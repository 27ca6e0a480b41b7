-- ===== src/AnyResult/Answer.antt =====
-- What `goAnyResult` answers.
use replob_prototype.Prelude.{
  ℕ, ◌+◌, ◌^◌, ◌<◌, ◌≡◌, ◌≢◌, ◌==◌, refl, sym, subst, ◌∙◌, Bool-cases, Option-cases, true, false,
  if◌then◌else◌, Option, none, some, inl, inr, ◌⊎◌, arith,
}
use replob_prototype.AnyResult.{
  AnyResult, any_started, counts_to_one, give, give_none, proceed_with, all_started, destroy, Step,
  gives, gives_none, proceeds, starts_all, destroys, Reach, here, next,
}

none-some : {A : Type 0} (a : A) → none ≢ some a
none-some a h = cc

false-true : false ≢ true
false-true h = cc

module _ {R : Type 0} where
  -- What the caller has been told: where a value came, it is told that value, once; where none came, it is told
  -- so once the counter has been destroyed.
  abbrev pub IsAnswered : AnyResult R → Option R → Type 0
  IsAnswered s none =
      (s.counter ≡ (if s.destroyed then 1 else 0))
      × (s.winner ≡ none)
      × (s.result ≡ none)
      × (s.proceeds ≡ (if s.destroyed then 1 else 0))
  IsAnswered s (some r) =
      (0 < s.counter)
      × (((s.winner ≡ some r) × (s.proceeds ≡ 0) × (s.destroyed ≡ false))
          ⊎ ((s.winner ≡ none) × (s.proceeds ≡ 1) × (s.result ≡ some r)))

  -- The references that are left, and the counts to come
  abbrev IsSmall : AnyResult R → Type 0
  IsSmall s =
      (s.counter + s.running < 2 ^ 31 + (if s.destroyed then 1 else 0))
      × (s.destroyed ≡ true → (s.running ≡ 0) × (s.starting ≡ false) × (s.winner ≡ none))

  abbrev Answered : AnyResult R → Type 0
  Answered s = (o : Option R) × (s.first ≡ o) × IsAnswered s o

  not-destroyed : (s : AnyResult R) → IsSmall s → 0 < s.running → s.destroyed ≡ false
  not-destroyed s b h = elim (Bool-cases s.destroyed) [
    | inl d ↦ absurd (omega (arith, h, (b.1 d).0))
    | inr d ↦ d
  ]

  Answered-give :
      (r : R) (s : AnyResult R) → 0 < s.running → IsSmall s → Answered s → Answered (give r s)
  unfolding give
  Answered-give r s h b (none, e, (c, w, x, p)) =
      let d = not-destroyed s b h in
      let one : counts_to_one s.counter ≡ true = ground (arith, c, d) in
      (some r, rw one refl, (ground (arith, c, d), inl (rw one refl, ground (arith, p, d), d)))
  Answered-give r s h b (some q, e, (c, x)) =
      let d = not-destroyed s b h in
      let more : counts_to_one s.counter ≡ false = ground (arith, c, d, b.0) in
      (
        some q,
        rw more e,
        (
          ground (arith, c, d, b.0),
          elim x [ inl (w, p, _) ↦ inl (rw more w, p, d) | inr (w, p, z) ↦ inr (rw more w, p, z) ],
        ),
      )

  Answered-proceed_with :
      (r : R) (s : AnyResult R) → s.winner ≡ some r → Answered s → Answered (proceed_with r s)
  unfolding proceed_with
  Answered-proceed_with r s h (none, e, (c, w, x, p)) = absurd (none-some r (sym w ∙ h))
  Answered-proceed_with r s h (some q, e, (c, inl (w, p, d))) =
      (some q, e, (c, inr (refl, omega (arith, p), sym h ∙ w)))
  Answered-proceed_with r s h (some q, e, (c, inr (w, p, z))) = absurd (none-some r (sym w ∙ h))

  Answered-destroy :
      (s : AnyResult R)
      → s.winner ≡ none
      → s.destroyed ≡ false
      → IsSmall s
      → Answered s
      → Answered (destroy s)
  unfolding destroy
  Answered-destroy s h d b (none, e, (c, w, x, p)) =
      let one : counts_to_one s.counter ≡ true = ground (arith, c, d) in
      (none, e, (ground (arith, c, d), w, rw one refl, rw one (ground (arith, p, d))))
  Answered-destroy s h d b (some q, e, (c, inl (w, p, _))) = absurd (none-some q (sym h ∙ w))
  Answered-destroy s h d b (some q, e, (c, inr (w, p, z))) =
      let more : counts_to_one s.counter ≡ false = ground (arith, c, d, b.0) in
      (some q, e, (ground (arith, c, d, b.0), inr (w, rw more p, rw more z)))

  Answered-Step : {s t : AnyResult R} → Step s t → IsSmall s → Answered s → Answered t
  unfolding give_none all_started
  Answered-Step {s} (gives r h) b a = Answered-give r s h b a
  Answered-Step (gives_none h) b a = a
  Answered-Step {s} (proceeds r h) b a = Answered-proceed_with r s h a
  Answered-Step (starts_all h) b a = a
  Answered-Step {s} (destroys z w st d) b a = Answered-destroy s w d b a

  IsSmall-Step : {s t : AnyResult R} → Step s t → IsSmall s → IsSmall t
  unfolding give give_none proceed_with all_started destroy
  IsSmall-Step {s} (gives r h) b =
      let d = not-destroyed s b h in
      (ground (arith, b.0, d, h), λ e. absurd (false-true (sym d ∙ e)))
  IsSmall-Step {s} (gives_none h) b =
      let d = not-destroyed s b h in (omega (arith, b.0, h), λ e. absurd (false-true (sym d ∙ e)))
  IsSmall-Step {s} (proceeds r h) b = (b.0, λ e. absurd (none-some r (sym (b.1 e).2 ∙ h)))
  IsSmall-Step {s} (starts_all h) b = (b.0, λ e. absurd (false-true (sym (b.1 e).1 ∙ h)))
  IsSmall-Step {s} (destroys z w st d) b = (ground (arith, b.0, d, z), λ e. (z, st, w))

  Reach-Fits : {n : ℕ} {s : AnyResult R} → Reach n s → IsSmall s × Answered s
  unfolding any_started
  Reach-Fits (here h) = ((omega (arith, h), λ e. cc), (none, refl, (refl, refl, refl, refl)))
  Reach-Fits (next r p) = let f = Reach-Fits r in (IsSmall-Step p f.0, Answered-Step p f.0 f.1)

  -- Under any interleaving the caller of `goAnyResult` goes on at most once: with the first value that came to
  -- the counter, or without one where none came before the last reference to the counter was gone.
  pub any_result_lem : {n : ℕ} {s : AnyResult R} → Reach n s → IsAnswered s s.first
  any_result_lem {s} r = let (o, e, a) = (Reach-Fits r).1 in subst (λ x. IsAnswered s x) (sym e) a

  stuck-destroyed : (s : AnyResult R) → ((t : AnyResult R) → Step s t → ⊥) → s.destroyed ≡ true
  stuck-destroyed s stuck = elim (Bool-cases s.destroyed) [
    | inl d ↦ d
    | inr d ↦ elim (Option-cases s.winner) [
      | inr (r, w) ↦ absurd (stuck (proceed_with r s) (proceeds r w))
      | inl w ↦ elim (Bool-cases s.starting) [
        | inl st ↦ absurd (stuck (all_started s) (starts_all st))
        | inr st ↦ elim (Bool-cases (s.running == 0)) [
          | inl z ↦ absurd (stuck (destroy s) (destroys (ground arith) w st d))
          | inr z ↦ absurd (stuck (give_none s) (gives_none (ground arith)))
        ]
      ]
    ]
  ]

  told :
      (s : AnyResult R) (o : Option R)
      → s.destroyed ≡ true
      → s.first ≡ o
      → IsAnswered s o
      → (s.proceeds ≡ 1) × (s.result ≡ s.first)
  told s none d e (c, w, x, p) = (ground (arith, p, d), x ∙ sym e)
  told s (some r) d e (c, inl (w, p, f)) = absurd (false-true (sym f ∙ d))
  told s (some r) d e (c, inr (w, p, x)) = (p, x ∙ sym e)

  -- Where no journey can go on any further, the caller has gone on, once, with the first value that came to the
  -- counter, or without one where none came; whether the handlers gave values, gave none or threw.
  pub any_result-returns :
      {n : ℕ} {s : AnyResult R}
      → Reach n s
      → ((t : AnyResult R) → Step s t → ⊥)
      → (s.proceeds ≡ 1) × (s.result ≡ s.first)
  any_result-returns {s} r stuck =
      let (b, (o, e, a)) = Reach-Fits r in let d = stuck-destroyed s stuck in told s o d e a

=-=-=-=-=

Please work out how many lines in this listing contain "first", then give only that number.

7